Second Glance
- First edition
- Author: Jodi Picoult
- Language: English
- Publisher: Atria
- Publication date: April 8, 2003
- Publication place: United States
- Media type: Print (Hardcover)
- Pages: 432 pp
- ISBN: 978-0-7434-5450-6
- OCLC: 51927506

= Second Glance =

2003 novel by Jodi Picoult

Second Glance (2003) is the tenth novel by the American author Jodi Picoult.

==Plot summary==
Second Glance follows the lives of several characters throughout the book. In Picoult's signature writing style, the novel flashes back and forth many decades to piece together the story. The novel is set in the fictional town of Comtosook, Vermont.

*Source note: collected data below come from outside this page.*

-- ===== src/Candidate/Build.antt =====
-- BuildObserved: the plan of one pass over the feeds. A map that is only read is a function, with the
-- zero value for a missing key; `matches` stands for matchesWork behind its test on the media type,
-- which compares titles (internal/naming). A context that is cancelled is not modelled.
pub mod Plan
use aninode.Prelude.{
  ℕ, Bool, true, false, not, ◌&&◌, ◌||◌, if◌then◌else◌, Text, text_eq, text_lt, ℤ, List, [], ◌∷◌,
  ◌++◌, map, Option, none, some, sort_stable,
}
use aninode.Release.{Release}
use aninode.ReleaseFilter.{is_empty}
use aninode.Catalog.{Entry, Evidence}
use aninode.Catalog.Stable.{effective_sources}
use aninode.Candidate.{Candidate, Identity, is_selected, duplicate, duplicate_release}
use aninode.Candidate.Order.{ContentSource}
use aninode.Candidate.Evaluate.{evaluate}
use aninode.Candidate.Score.{TechnicalTraits, continuity_score}
use aninode.Candidate.Select.{select_best}

-- seen[id]
unfoldable pub seen_before : List Text → Text → Bool
seen_before [] id = false
seen_before (k ∷ ks) id = text_eq k id || seen_before ks id

-- The plan so far, with the set seenRelease.
pub record Building : Type 0 where
  pub candidates : List Candidate
  pub seen : List Text

-- The loop of sourcesForEntry.
unfoldable pub without_repeats : List Text → List Text → List Text
without_repeats seen [] = []
without_repeats seen (id ∷ ids) = elim (seen_before seen id) [
  | true ↦ without_repeats seen ids
  | false ↦ id ∷ without_repeats (id ∷ seen) ids
]

-- sourcesForEntry, where `enabled` is what configstore.EnabledSourceIDs returns
unfoldable pub sources_for_entry : List Text → Entry → List Text
sources_for_entry enabled w = sort_stable text_lt (without_repeats [] (effective_sources w enabled))

-- sortedEntries
unfoldable pub sorted_entries : List Entry → List Entry
sorted_entries = sort_stable (λ a b. text_lt a.key b.key)

-- source, ok := b.Sources[sourceID]
unfoldable pub find_source : List (Text × ContentSource) → Text → Option ContentSource
find_source [] id = none
find_source ((k, s) ∷ m) id = if text_eq k id then some s else find_source m id

-- The test on seenRelease, and the append to the plan.
unfoldable pub add_candidate : Candidate → Building → Building
add_candidate c p =
    if is_selected c
    then (if seen_before p.seen c.acquisition.id
        then record p {
          candidates =
              p.candidates ++ (record c { decision = duplicate; reason = duplicate_release }) ∷ [];
        }
        else record { candidates = p.candidates ++ c ∷ []; seen = c.acquisition.id ∷ p.seen })
    else record p { candidates = p.candidates ++ c ∷ [] }

module _ (to_lower : ℕ → ℕ) (identity : Release → Option Identity)
    (technical : Text → TechnicalTraits) (matches : Entry → Release → Bool)
    (sources : List (Text × ContentSource)) (enabled : List Text) (by_source : Text → List Release)
    (evidence_by_entry : Text → List Evidence) where
  -- The two tests that a release has to pass for an Entry.
  unfoldable pub concerns : Entry → Release → Bool
  concerns w r = (is_empty r.media_type || text_eq r.media_type w.media_type) && matches w r

  -- The loop over the releases of a source.
  unfoldable pub add_releases : Entry → Text → List Release → Building → Building
  add_releases w id [] p = p
  add_releases w id (r ∷ rs) p = add_releases w id rs (
      if concerns w r
      then add_candidate (evaluate to_lower identity w id r (evidence_by_entry w.key)) p
      else p)

  -- The loop over the sources of an Entry.
  unfoldable pub add_sources : Entry → List Text → Building → Building
  add_sources w [] p = p
  add_sources w (id ∷ ids) p = add_sources w ids (elim (find_source sources id) [
    | none ↦ p
    | some source ↦ if not source.enabled then p else add_releases w id (by_source id) p
  ])

  -- The loop over the Entries.
  unfoldable pub add_entries : List Entry → Building → Building
  add_entries [] p = p
  add_entries (w ∷ ws) p = add_entries ws (add_sources w (sources_for_entry enabled w) p)

  -- The plan before the selection.
  unfoldable pub observed_candidates : List Entry → List Candidate
  observed_candidates entries =
      (add_entries (sorted_entries entries) (record { candidates = []; seen = [] })).candidates

  -- BuildObserved
  unfoldable pub build_observed : List Entry → List Candidate
  build_observed entries =
      select_best sources
        (some (λ c. continuity_score to_lower technical (evidence_by_entry c.entry_key) c))
        (observed_candidates entries)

The story is about Abenaki territorial land that is planned to be turned into a shopping mall. However, if the Abenaki are able to show that an ancestor was buried on this expanse of land, then the mall cannot, legally, be built on the land.

Ross Wakeman arrives in Comtosook to stay with his sister, Shelby. Ross is the survivor of many varied suicide attempts, which began after his fiancée Aimee was killed in a car accident years ago. Ross became a ghost hunter in the hopes that someday he would encounter Aimee's spirit. Fortunately for Ross, when he arrives in Comtosook, the town begins to experience strange phenomena, as the result of the new plans to build a strip mall on the Abenaki land.

==Characters==
- Ross Wakeman: The male protagonist, a ghost hunter who moves around the country, now living with his sister in Comtosook, Vermont.
- Shelby Wakeman: Ross's sister, Ethan's mother, divorced, a librarian with a passion for unusual, complicated words, and etymology.
- Ethan Wakeman: Ross's nine-year-old nephew and Shelby's son. He suffers from Xeroderma pigmentosum.
- Cecelia Pike/Lia Beaumont: A suicidal woman featured in the present-day as well as in flashbacks.
- Eli Rochert: A half-Abenaki police officer whose wife left him. After seeing Shelby in his dreams for weeks, he finds her and falls in love with her. He works with Ross to solve the murder mystery.
- Meredith Oliver: A woman who works doing preimplantation genetic diagnosis. She is divorced, and has little luck with men. As a working mother, she relies on her grandmother, Ruby, to take care of her daughter.
- Lucy Oliver: The eight-year-old daughter of Meredith. She is intelligent for her age, but she sees things that nobody else can, including ghosts.
- Spencer Pike: Cecelia's abusive husband, works as a eugenicist in the flashbacks. In the present-day, he lives at the Comtosook nursing home.
- John Delacour: Also known as, Gray Wolf and Az Thompson. A 102-year-old Abenaki man, the last surviving member of his tribe, and the suspected murderer of Cecelia Pike.